Rosie was at the groomer's yesterday and then I took her for a walk and she got COVERED in those little velcro balls. I spent an hour and a half (The Appentice and The Appentice- You're Fired) picking and combing them out, so twice as long as the walk had taken. And because her hair is still so soft and cotton wool like, the groomer just scissored it again, so it's still long and they really get wrapped up in side it all.
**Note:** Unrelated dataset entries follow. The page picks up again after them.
-- ===== src/Objects/Tests.antt =====
-- Instances and runs of the reference counts (src/object.c).
use swift_corelibs_libdispat.Common.{ℕ, ◌+◌, ◌^◌, ◌≤◌, ◌<◌, ◌≡◌, ◌≢◌, refl, arith, false}
use swift_corelibs_libdispat.Objects.{
  Object, global_refcnt, done, refused, crash, retain, released, release, retain_with_resurrect,
  retain_weak, retain_internal, release_internal, release_no_dispose, retain_count, System,
  releases, resurrects, retains_internal, releases_internal, finishes_resurrection,
  finishes_xref_dispose, call, share, MayCall, alloc, Reach, start, after,
}
use swift_corelibs_libdispat.Objects.Safety.{disposes_at_last, never_crashes, misuse_crashes}

-- The library retains the object, and the client releases its reference.
abbrev orphan : System
orphan = call releases (call (retains_internal 1) alloc)

orphan-Reach : Reach orphan
unfolding call retain_internal
orphan-Reach =
    after (after start (retains_internal 1) (omega arith, omega arith)) releases (omega arith)

-- While the disposal of the client's references is in progress, the object is resurrected.
abbrev resurrected : System
resurrected = call finishes_xref_dispose (call finishes_resurrection (call resurrects orphan))

resurrected-Reach : Reach resurrected
unfolding call retain_internal release released retain_with_resurrect
resurrected-Reach =
    after
      (after (after orphan-Reach resurrects (omega arith, omega arith)) finishes_resurrection
        (omega arith, omega arith))
      finishes_xref_dispose (omega arith)

-- Everything is released.
abbrev last : System
last = call (releases_internal 1) (call finishes_xref_dispose (call releases resurrected))

last-Reach : Reach last
unfolding call retain_internal release released retain_with_resurrect release_internal
last-Reach =
    after
      (after (after resurrected-Reach releases (omega arith)) finishes_xref_dispose (omega arith))
      (releases_internal 1) (omega arith, omega arith)

last_runs :
    (last.disposals ≡ 1)
    × (last.xrefs ≡ 0)
    × (last.refs ≡ 0)
    × (last.dying ≡ 0)
    × (resurrected.disposals ≡ 0)
unfolding call retain_internal release released retain_with_resurrect release_internal
last_runs = (refl, refl, refl, refl, refl)

disposes_at_last_example :
    (last.disposals ≤ 1)
    × (0 < last.xrefs + last.refs + last.dying → last.disposals ≡ 0)
    × (last.xrefs + last.refs + last.dying ≡ 0 → last.disposals ≡ 1)
disposes_at_last_example = disposes_at_last last-Reach

may_release : MayCall releases resurrected
unfolding call retain_internal release released retain_with_resurrect release_internal
may_release = omega arith

never_crashes_example : (call releases resurrected).crashed ≡ false
never_crashes_example = never_crashes resurrected-Reach releases may_release

misuse_crashes_example :
    (orphan.xrefs ≡ 0
      → (retain orphan.object ≡ crash)
        × (release orphan.object ≡ crash)
        × (retain_weak orphan.object ≡ refused))
    × (0 < orphan.xrefs → retain_weak orphan.object ≢ refused)
    × ((n : ℕ)
        → n < 2 ^ 31
        → orphan.disposals ≡ 0
        → orphan.refs + orphan.dying + share orphan.xrefs < orphan.resurrecting + n
        → release_internal n orphan.object ≡ crash)
    × (retain_count orphan.object ≡ orphan.xrefs)
misuse_crashes_example = misuse_crashes orphan-Reach

-- The counts of a global object stay, and a resurrection of it overflows.
abbrev global_object : Object
global_object = record { xref_cnt = global_refcnt; ref_cnt = global_refcnt }

global_stays :
    (retain global_object ≡ done global_object)
    × (release global_object ≡ done global_object)
    × (retain_internal 1 global_object ≡ done global_object)
    × (release_no_dispose 1 global_object ≡ done global_object)
    × (retain_with_resurrect global_object ≡ crash)
unfolding retain release released retain_internal release_no_dispose retain_with_resurrect
global_stays = (refl, refl, refl, refl, refl)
Grrrrrrrrrrrrr.


----------



## lady amanda (Nov 26, 2010)

I think I would watch it for a day, i am sure the bump will go down now that the cause of the issue has been removed....just keep an eye on it and if it gets worse take a trip to the vet, do you guys have a product called bag balm out there???? it is actually made for cows utters ( ick I know) it looks like patrolium gelly, and is magical! it heals things really quickly, I have used it on myself before, and i was just thinking that it could also help dogs, as it is animal friendly...it heals things up quick!


----------



## lady amanda (Nov 26, 2010)

http://www.bagbalm.com/pets.htm

here is a link.


----------



## kendal (Jul 16, 2009)

give the aria a wee wash and keep an eye on it.


----------



## Tressa (Aug 31, 2010)

lady amanda said:


> I think I would watch it for a day, i am sure the bump will go down now that the cause of the issue has been removed....just keep an eye on it and if it gets worse take a trip to the vet, do you guys have a product called bag balm out there???? it is actually made for cows utters ( ick I know) it looks like patrolium gelly, and is magical! it heals things really quickly, I have used it on myself before, and i was just thinking that it could also help dogs, as it is animal friendly...it heals things up quick!
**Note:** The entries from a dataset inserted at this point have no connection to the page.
-- ===== src/Once.antt =====
-- src/once.c, src/shims/lock.h and src/shims/lock.c: `dispatch_once_f`, as steps of any number of calls
-- on one predicate, each step one shared access. The predicate is a gate: 0 before the first call, the
-- lock value of the thread that runs the function, perhaps with the waiters bit, and then ~0. The futex
-- is that of Linux: a wait sleeps only if the word still has the value that is expected, a wake wakes
-- all that sleep, and a sleeper may wake up for no reason. A nested call is a call of the same thread.
mod Places
mod Steps
mod Invariant
mod Safety
mod Tests
use swift_corelibs_libdispat.Common.{
  ℕ, zero, suc, ◌+◌, ◌-◌, ◌*◌, ◌/◌, ◌%◌, ◌^◌, ◌≤◌, ◌<◌, ◌≡◌, Bool, true, false, not, ◌==◌,
  if◌then◌else◌, List, [], ◌∷◌, ◌++◌, map,
}
use swift_corelibs_libdispat.Common.Bits.{field, set_bit}

-- DLOCK_ONCE_DONE
abbrev pub once_done : ℕ
once_done = 2 ^ 64 - 1

-- `_dispatch_lock_is_locked_by`, of the lower 32 bits of the word
abbrev pub is_locked_by : ℕ → ℕ → Bool
is_locked_by v self = field 0 30 v == field 0 30 self

-- Where a call stands.
pub data Pc : Type 0 where
  idle : Pc  -- not yet made
  entering : Pc  -- at `_dispatch_once_gate_tryenter`
  running : Pc  -- in `_dispatch_client_callout`
  broadcasting : (cur : ℕ) → Pc  -- at `_dispatch_gate_broadcast_slow`
  waiting : Pc  -- at the loop of `_dispatch_once_wait`
  at_futex : (new_v : ℕ) → Pc  -- at its `_dispatch_futex_wait`
  asleep : Pc  -- in the system call
  returned : Pc

-- What the call leaves in the word, whether it wakes the sleepers, and where it goes on.
pub data Next : Type 0 where
  next : (v : ℕ) (p : Pc) → Next
  wake_all : (p : Pc) → Next
  client_crash blocked : Next

-- The body of the loop of `_dispatch_once_wait`, up to the futex
pub once_wait : ℕ → ℕ → Next
once_wait self v =
    if v == once_done
    then next v returned
    else (if is_locked_by v self
        then client_crash
        else next (set_bit 31 v) (at_futex (set_bit 31 v)))

-- `_dispatch_once_gate_broadcast`
pub once_gate_broadcast : ℕ → ℕ → Next
once_gate_broadcast self v =
    next once_done (if v % 2 ^ 32 == self then returned else broadcasting v)

-- `_dispatch_gate_broadcast_slow`
pub gate_broadcast_slow : ℕ → ℕ → Next
gate_broadcast_slow self cur = if is_locked_by cur self then wake_all returned else client_crash

-- One step of a call of the thread with the lock value `self`.
pub step : ℕ → ℕ → Pc → Next
unfolding once_wait once_gate_broadcast gate_broadcast_slow
step self v idle = next v (if v == once_done then returned else entering)
step self v entering = if v == 0 then next self running else next v waiting
step self v running = once_gate_broadcast self v
step self v (broadcasting cur) = gate_broadcast_slow self cur
step self v waiting = once_wait self v
step self v (at_futex new_v) = next v (if v % 2 ^ 32 == new_v % 2 ^ 32 then asleep else waiting)
step self v asleep = next v waiting
step self v returned = blocked

pub record Call : Type 0 where
  pub self : ℕ
  pub pc : Pc

abbrev pub woken_pc : Pc → Pc
woken_pc asleep = waiting
woken_pc p = p

-- A sleeper that is woken goes on at the loop.
abbrev pub woken : Call → Call
woken c = record c { pc = woken_pc c.pc }

-- The function has started once more.
abbrev pub starts : Pc → ℕ
starts running = 1
starts _ = 0

pub record System : Type 0 where
  pub word : ℕ
  pub calls : List Call
  pub runs : ℕ

-- One of the calls takes a step.
pub data Step (before after : List Call) (v n self : ℕ) (p : Pc) : System → Type 0 where
  take :
      {v' : ℕ} {p' : Pc}
      → step self v p ≡ next v' p'
      → Step before after v n self p (record {
        word = v';
        calls = before ++ record { self = self; pc = p' } ∷ after;
        runs = n + starts p';
      })
  wake :
      {p' : Pc}
      → step self v p ≡ wake_all p'
      → Step before after v n self p (record {
        word = v;
        calls = map woken before ++ record { self = self; pc = p' } ∷ map woken after;
        runs = n;
      })

-- `_dispatch_lock_value_for_self` is not 0, and below FUTEX_WAITERS and the bit before it.
abbrev pub AreNew : List Call → Type 0
AreNew [] = Unit
AreNew (c ∷ cs) = (0 < c.self) × (c.self < 2 ^ 30) × (c.pc ≡ idle) × AreNew cs

-- The states that calls on a new predicate reach.
pub data Reach : System → Type 0 where
  here : (calls : List Call) → AreNew calls → Reach (record { word = 0; calls = calls; runs = 0 })
  later :
      {before after : List Call} {v n self : ℕ} {p : Pc} {t : System}
      → Reach
          (record { word = v; calls = before ++ record { self = self; pc = p } ∷ after; runs = n })
      → Step before after v n self p t
      → Reach t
LOL - my daughter in Daytona cycles hundreds of miles each week and uses bag balm on her butt. Says its great! Haven't seen it here though.


----------



## sarahjo (Aug 6, 2010)

As you can see we also have this problem!!!


----------



## Jedicrazy (Apr 26, 2011)

They are such a pain aren't they but I find removing everything quite therapeutic (if the kids are not around!)


----------



## weez74 (Feb 9, 2011)

Jedicrazy said:


> They are such a pain aren't they but I find removing everything quite therapeutic (if the kids are not around!)


It was quite calming doing it last night. Especially as Rosie smelled so lovely after having been to the groomers yesterday.


----------



## Dylansmum (Oct 29, 2010)

The round burrs aren't such a problem - I have a bush in my garden so Dylan is always covered in them but they are easy to remove. But it's the spiky ones that are so dangerous because they dig into the skin and cause infections and they are so hard to find. No matter how hard I search, I always miss a few. And they cause so much discomfort. The other day Dylan just stopped in the middle of a walk and couldn't carry on until I had removed them because it was hurting him so much.


----------



## wilfiboy (Sep 18, 2010)

Poor Dylan hope he's ok. Only plagued with a grass seed that looks almost like grain at the moment, annoying but not too difficult, have nt had many of the spikey ones or the sticky ones .... yet... its if you dont manage to get them straight away they're just so easy to get caught up in the coat so easy to miss x


----------



## M&M's mummy (Jul 12, 2011)

Yes there seem to be loads around I agree, and when they see a cockapoo it's like quick lets all jump on board 

You have to watch their ears and feet in particular.


----------



## weez74 (Feb 9, 2011)

I guess it's different seeds in different areas. Looks like we get off lightly with the grass balls. It must be to do with the fact that we walk around the sides of cornfields - lots of undergrowth but obviously no grass. Can you vary where you walk for a while, Helen?


----------



## Dylansmum (Oct 29, 2010)

weez74 said:


> I guess it's different seeds in different areas. Looks like we get off lightly with the grass balls. It must be to do with the fact that we walk around the sides of cornfields - lots of undergrowth but obviously no grass. Can you vary where you walk for a while, Helen?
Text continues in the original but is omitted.